---------- Exercise inputs ----------

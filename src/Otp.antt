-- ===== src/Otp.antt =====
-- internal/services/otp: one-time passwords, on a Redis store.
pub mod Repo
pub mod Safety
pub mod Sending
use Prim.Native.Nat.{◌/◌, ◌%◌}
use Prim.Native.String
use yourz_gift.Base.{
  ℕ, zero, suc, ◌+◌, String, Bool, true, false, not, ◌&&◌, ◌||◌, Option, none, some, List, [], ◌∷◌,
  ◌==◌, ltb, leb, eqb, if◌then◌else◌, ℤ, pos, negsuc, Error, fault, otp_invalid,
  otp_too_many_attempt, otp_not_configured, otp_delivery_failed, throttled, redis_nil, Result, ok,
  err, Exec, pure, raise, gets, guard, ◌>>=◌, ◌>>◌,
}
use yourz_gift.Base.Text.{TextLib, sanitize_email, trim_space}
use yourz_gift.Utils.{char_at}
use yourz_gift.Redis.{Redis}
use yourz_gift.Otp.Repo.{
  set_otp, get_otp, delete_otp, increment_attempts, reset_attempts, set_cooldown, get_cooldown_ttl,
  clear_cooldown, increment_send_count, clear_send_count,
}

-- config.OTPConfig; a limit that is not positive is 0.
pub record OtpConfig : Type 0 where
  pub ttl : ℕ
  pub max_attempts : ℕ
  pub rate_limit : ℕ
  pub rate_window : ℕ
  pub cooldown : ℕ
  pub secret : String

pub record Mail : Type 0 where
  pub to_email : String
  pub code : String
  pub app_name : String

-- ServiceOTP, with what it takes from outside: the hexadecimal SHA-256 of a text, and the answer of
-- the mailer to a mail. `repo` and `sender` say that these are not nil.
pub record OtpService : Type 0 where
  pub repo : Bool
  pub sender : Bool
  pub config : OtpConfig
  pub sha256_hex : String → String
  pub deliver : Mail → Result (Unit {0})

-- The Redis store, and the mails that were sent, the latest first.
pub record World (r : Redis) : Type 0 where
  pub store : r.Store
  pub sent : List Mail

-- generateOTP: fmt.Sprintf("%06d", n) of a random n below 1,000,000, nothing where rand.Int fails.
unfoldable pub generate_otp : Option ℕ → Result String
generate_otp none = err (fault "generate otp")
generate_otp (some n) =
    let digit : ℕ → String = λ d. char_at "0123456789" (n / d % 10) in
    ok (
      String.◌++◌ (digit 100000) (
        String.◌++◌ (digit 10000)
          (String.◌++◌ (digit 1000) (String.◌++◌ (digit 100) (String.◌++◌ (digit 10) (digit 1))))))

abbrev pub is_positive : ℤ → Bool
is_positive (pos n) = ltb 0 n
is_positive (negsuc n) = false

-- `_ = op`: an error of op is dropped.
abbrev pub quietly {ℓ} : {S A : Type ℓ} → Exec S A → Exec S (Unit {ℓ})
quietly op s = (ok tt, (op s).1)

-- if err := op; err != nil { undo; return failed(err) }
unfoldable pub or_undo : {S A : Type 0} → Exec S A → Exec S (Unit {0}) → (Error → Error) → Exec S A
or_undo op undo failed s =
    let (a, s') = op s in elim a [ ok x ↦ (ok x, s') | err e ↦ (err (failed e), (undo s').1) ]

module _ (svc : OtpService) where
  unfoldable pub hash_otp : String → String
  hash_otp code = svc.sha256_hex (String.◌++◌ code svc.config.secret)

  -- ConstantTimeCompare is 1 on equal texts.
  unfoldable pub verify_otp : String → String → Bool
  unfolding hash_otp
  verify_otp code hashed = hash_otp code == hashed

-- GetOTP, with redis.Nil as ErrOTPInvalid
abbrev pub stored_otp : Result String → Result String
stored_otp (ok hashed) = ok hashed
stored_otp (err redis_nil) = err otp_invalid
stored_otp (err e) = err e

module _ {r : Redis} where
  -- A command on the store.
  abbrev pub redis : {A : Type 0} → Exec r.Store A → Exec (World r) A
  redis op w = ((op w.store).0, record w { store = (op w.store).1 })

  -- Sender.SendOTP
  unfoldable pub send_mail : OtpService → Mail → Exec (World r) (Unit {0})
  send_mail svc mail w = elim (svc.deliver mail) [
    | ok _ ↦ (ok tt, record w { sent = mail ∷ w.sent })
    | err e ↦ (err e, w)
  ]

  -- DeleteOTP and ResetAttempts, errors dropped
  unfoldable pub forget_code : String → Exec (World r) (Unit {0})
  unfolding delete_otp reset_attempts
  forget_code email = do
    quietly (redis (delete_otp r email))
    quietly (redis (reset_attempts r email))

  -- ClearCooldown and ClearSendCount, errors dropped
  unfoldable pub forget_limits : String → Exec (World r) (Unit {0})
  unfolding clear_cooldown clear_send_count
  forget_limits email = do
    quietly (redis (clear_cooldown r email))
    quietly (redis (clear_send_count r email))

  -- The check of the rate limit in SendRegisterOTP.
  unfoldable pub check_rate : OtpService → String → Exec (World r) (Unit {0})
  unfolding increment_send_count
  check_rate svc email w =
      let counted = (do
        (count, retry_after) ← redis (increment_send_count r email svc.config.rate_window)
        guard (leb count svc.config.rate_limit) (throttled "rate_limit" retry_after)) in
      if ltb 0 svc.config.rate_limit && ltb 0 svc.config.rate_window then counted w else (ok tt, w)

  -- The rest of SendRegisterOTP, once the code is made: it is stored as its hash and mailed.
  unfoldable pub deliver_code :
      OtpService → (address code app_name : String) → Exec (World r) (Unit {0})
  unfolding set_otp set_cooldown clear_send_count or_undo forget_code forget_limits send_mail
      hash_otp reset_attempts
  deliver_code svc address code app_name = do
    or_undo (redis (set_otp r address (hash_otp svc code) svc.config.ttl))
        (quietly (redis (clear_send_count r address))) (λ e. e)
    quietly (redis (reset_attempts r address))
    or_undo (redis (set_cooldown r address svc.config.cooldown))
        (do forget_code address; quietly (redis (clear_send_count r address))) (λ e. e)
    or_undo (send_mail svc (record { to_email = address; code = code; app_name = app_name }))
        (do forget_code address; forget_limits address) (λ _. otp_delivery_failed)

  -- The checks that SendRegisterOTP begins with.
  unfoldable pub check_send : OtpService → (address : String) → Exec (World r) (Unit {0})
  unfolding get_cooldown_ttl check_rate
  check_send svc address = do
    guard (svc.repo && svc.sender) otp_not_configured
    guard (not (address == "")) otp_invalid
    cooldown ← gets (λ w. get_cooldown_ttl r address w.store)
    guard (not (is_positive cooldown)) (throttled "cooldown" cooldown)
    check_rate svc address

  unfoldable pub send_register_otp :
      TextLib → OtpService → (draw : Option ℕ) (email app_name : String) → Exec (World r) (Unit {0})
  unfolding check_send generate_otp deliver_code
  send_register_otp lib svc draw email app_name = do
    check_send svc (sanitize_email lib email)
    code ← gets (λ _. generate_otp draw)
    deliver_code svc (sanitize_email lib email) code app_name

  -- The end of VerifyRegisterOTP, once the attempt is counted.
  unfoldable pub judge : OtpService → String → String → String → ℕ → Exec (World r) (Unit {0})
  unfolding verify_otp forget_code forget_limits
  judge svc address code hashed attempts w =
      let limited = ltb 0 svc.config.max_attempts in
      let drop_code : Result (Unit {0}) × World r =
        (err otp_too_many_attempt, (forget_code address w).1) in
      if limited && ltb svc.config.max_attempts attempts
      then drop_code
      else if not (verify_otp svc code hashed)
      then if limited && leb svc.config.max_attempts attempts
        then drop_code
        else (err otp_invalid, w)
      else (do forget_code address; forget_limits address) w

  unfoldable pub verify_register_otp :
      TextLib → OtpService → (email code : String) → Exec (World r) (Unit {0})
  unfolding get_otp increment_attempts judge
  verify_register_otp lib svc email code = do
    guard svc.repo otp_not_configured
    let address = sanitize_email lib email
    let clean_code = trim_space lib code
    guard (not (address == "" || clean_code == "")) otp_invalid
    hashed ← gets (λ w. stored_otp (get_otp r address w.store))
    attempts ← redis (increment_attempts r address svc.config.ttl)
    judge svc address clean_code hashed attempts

----------

**Exercise details**
From the records above, pick out and copy each line holding the word "digit".

**Answer for the task**
    let digit : ℕ → String = λ d. char_at "0123456789" (n / d % 10) in
      String.◌++◌ (digit 100000) (
        String.◌++◌ (digit 10000)
          (String.◌++◌ (digit 1000) (String.◌++◌ (digit 100) (String.◌++◌ (digit 10) (digit 1))))))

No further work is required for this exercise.